The nitrite (NO₂⁻) inhibition in anaerobic ammonium oxidation (anammox) process is widely reported. Here, the effects of three pyrolytic biochars (CS300, CS550 and CS800) were investigated to alleviate NO₂⁻ stress on anammox process under exposure of varied NO₂⁻-N concentrations (70, 200, 400 and 600 mg L⁻¹). No nitrite inhibition was observed at 70 mg N L⁻¹. However, the total nitrogen removal efficiency (TNREs) decreased with NO₂⁻-N concentration increased, while the biochar-amended groups achieved higher TNREs than the control (CK). At 200 mg N L⁻¹, the TNREs were 60.2%, 99.0%, 98.5% and 86.6% for CK, CS300, CS550 and CS800, respectively. At 400 mg N L⁻¹, the TNREs were 23.3%, 56.0%, 37.1% and 29.7% for CK, CS300, CS550 and CS800, respectively. At 600 mg N L⁻¹ in which severe inhibition was observed, the TNREs were increased by 231% (p = 0.002), 149% (p = 0.014), and 51.0% (p = 0.166) for CS300, CS550 and CS800, respectively, as compared to CK, with the corresponding specific anammox activity increased by 3.1-, 2,0- and 1.1-folds, respectively. CS300 enriched the relative abundance of Candidatus Kuenenia and increased the gene copies of functional genes (hzsA, hdh, nirS and nirK). Besides, CS300 effectively alleviated the suppression of three membrane-associated enzyme complexes for anammox electron transport chain, indicating the possible contribution of redox-active moieties of CS300 to energy conversion metabolism for mitigating the NO₂⁻-N inhibition. This study provided an effective strategy for alleviating NO₂⁻-N stress by applying an environmentally compatible material (biochar) on anammox process.

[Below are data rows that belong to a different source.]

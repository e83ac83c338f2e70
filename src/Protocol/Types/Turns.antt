-- ===== src/Protocol/Types/Turns.antt =====
-- probes/app-server-ts: turns, one definition for each file.
use codex_waiting_plgin.Protocol.Schema.{
  Ty, any, arr, bool, lit, none_more, null_ty, num, obj, req, str, ◌&◌, ◌∪◌,
}

-- v2/TurnInterruptParams.ts
abbrev pub turn_interrupt_params : Ty
turn_interrupt_params = obj (req "threadId" str & req "turnId" str & none_more)

-- v2/AsyncUserInputQuestion.ts
abbrev pub async_user_input_question : Ty
async_user_input_question = obj (req "title" str & req "options" (arr str ∪ null_ty) & none_more)

-- v2/NonSteerableTurnKind.ts
abbrev pub non_steerable_turn_kind : Ty
non_steerable_turn_kind = lit "review" ∪ lit "compact"

-- v2/CodexErrorInfo.ts
abbrev pub codex_error_info : Ty
codex_error_info =
    lit "contextWindowExceeded"
    ∪ lit "sessionBudgetExceeded"
    ∪ lit "usageLimitExceeded"
    ∪ lit "rateLimitExceeded"
    ∪ lit "serverOverloaded"
    ∪ lit "cyberPolicy"
    ∪ lit "misalignmentPolicyViolation"
    ∪ obj (
        req "httpConnectionFailed" (obj (req "httpStatusCode" (num ∪ null_ty) & none_more))
        & none_more)
    ∪ obj (
        req "responseStreamConnectionFailed"
          (obj (req "httpStatusCode" (num ∪ null_ty) & none_more))
        & none_more)
    ∪ lit "internalServerError"
    ∪ lit "unauthorized"
    ∪ lit "badRequest"
    ∪ lit "threadRollbackFailed"
    ∪ lit "sandboxError"
    ∪ obj (
        req "responseStreamDisconnected" (obj (req "httpStatusCode" (num ∪ null_ty) & none_more))
        & none_more)
    ∪ obj (
        req "responseTooManyFailedAttempts" (obj (req "httpStatusCode" (num ∪ null_ty) & none_more))
        & none_more)
    ∪ obj (
        req "activeTurnNotSteerable" (obj (req "turnKind" non_steerable_turn_kind & none_more))
        & none_more)
    ∪ lit "other"

-- v2/MisalignmentSteer.ts
abbrev pub misalignment_steer : Ty
misalignment_steer = obj (req "message" str & none_more)

-- v2/MisalignmentErrorDetails.ts
abbrev pub misalignment_error_details : Ty
misalignment_error_details = obj (
    req "errorType" (str ∪ null_ty)
    & req "detailedExplanation" (str ∪ null_ty)
    & req "steer" (misalignment_steer ∪ null_ty)
    & none_more)

-- v2/TurnError.ts
abbrev pub turn_error : Ty
turn_error = obj (
    req "message" str
    & req "codexErrorInfo" (codex_error_info ∪ null_ty)
    & req "additionalDetails" (str ∪ null_ty)
    & req "misalignment" (misalignment_error_details ∪ null_ty)
    & none_more)

-- v2/TurnStatus.ts
abbrev pub turn_status : Ty
turn_status = lit "completed" ∪ lit "interrupted" ∪ lit "failed" ∪ lit "inProgress"

-- v2/TurnInterruptResponse.ts
abbrev pub turn_interrupt_response : Ty
turn_interrupt_response = obj (none_more)

-- v2/TextPosition.ts
abbrev pub text_position : Ty
text_position = obj (req "line" num & req "column" num & none_more)

-- v2/TextRange.ts
abbrev pub text_range : Ty
text_range = obj (req "start" text_position & req "end" text_position & none_more)

-- v2/ErrorNotification.ts
abbrev pub error_notification : Ty
error_notification = obj (
    req "error" turn_error
    & req "willRetry" bool
    & req "threadId" str
    & req "turnId" str
    & none_more)

-- v2/TurnDiffUpdatedNotification.ts
abbrev pub turn_diff_updated_notification : Ty
turn_diff_updated_notification =
    obj (req "threadId" str & req "turnId" str & req "diff" str & none_more)

-- v2/TurnModerationMetadataNotification.ts
abbrev pub turn_moderation_metadata_notification : Ty
turn_moderation_metadata_notification =
    obj (req "threadId" str & req "turnId" str & req "metadata" any & none_more)

-- v2/TurnPlanStepStatus.ts
abbrev pub turn_plan_step_status : Ty
turn_plan_step_status = lit "pending" ∪ lit "inProgress" ∪ lit "completed"

-- v2/TurnPlanStep.ts
abbrev pub turn_plan_step : Ty
turn_plan_step = obj (req "step" str & req "status" turn_plan_step_status & none_more)

-- v2/TurnPlanUpdatedNotification.ts
abbrev pub turn_plan_updated_notification : Ty
turn_plan_updated_notification = obj (
    req "threadId" str
    & req "turnId" str
    & req "explanation" (str ∪ null_ty)
    & req "plan" (arr turn_plan_step)
    & none_more)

亚硝酸盐（NO ₂ ^- ）抑制在厌氧氨氧化（厌氧氨氧化）工艺被广泛地报道。这里，三个热解生物炭（CS300，CS550和CS800）的影响进行了研究，以减轻NO ₂ ^-胁迫对下多样NO的曝光厌氧氨氧化过程₂ ^- -N浓度（70，200，400和600毫克的L ^-1）。在70mg N L ^-1下未观察到亚硝酸盐抑制作用。然而，随着NO ₂ ^-- N浓度的增加，总氮去除效率（TNREs）降低，而生物炭改性组的TNREs高于对照（CK）。在200 mg N L ^-1，CK，CS300，CS550和CS800的TNRE分别为60.2％，99.0％，98.5％和86.6％。在400 mg N L ^-1下，CK，CS300，CS550和CS800的TNRE分别为23.3％，56.0％，37.1％和29.7％。在600 mg N L ^-1（其中观察到严重抑制 ）的情况下，CS300，CS550和CS800的TNRE分别增加231％（p  = 0.002），149％（p  = 0.014）和51.0％（p = 0.166）。与CK相比，相应的特定厌氧氨氧化活性分别提高了3.1倍，2.0倍和1.1倍。CS300富集的相对丰度暂定Kuenenia和增加的功能性的基因的基因拷贝（HZS A，HDH，nir S和nir K）。此外，CS300有效地减轻了三种膜相关酶复合物对厌氧氨氧化电子传输链的抑制作用，表明CS300的氧化还原活性部分对能量转化代谢的缓解NO ₂ ^-- N抑制的可能贡献。这项研究通过在厌氧氨氧化工艺中应用环境相容性材料（生物炭），提供了减轻NO ₂ ^-- N应力的有效策略。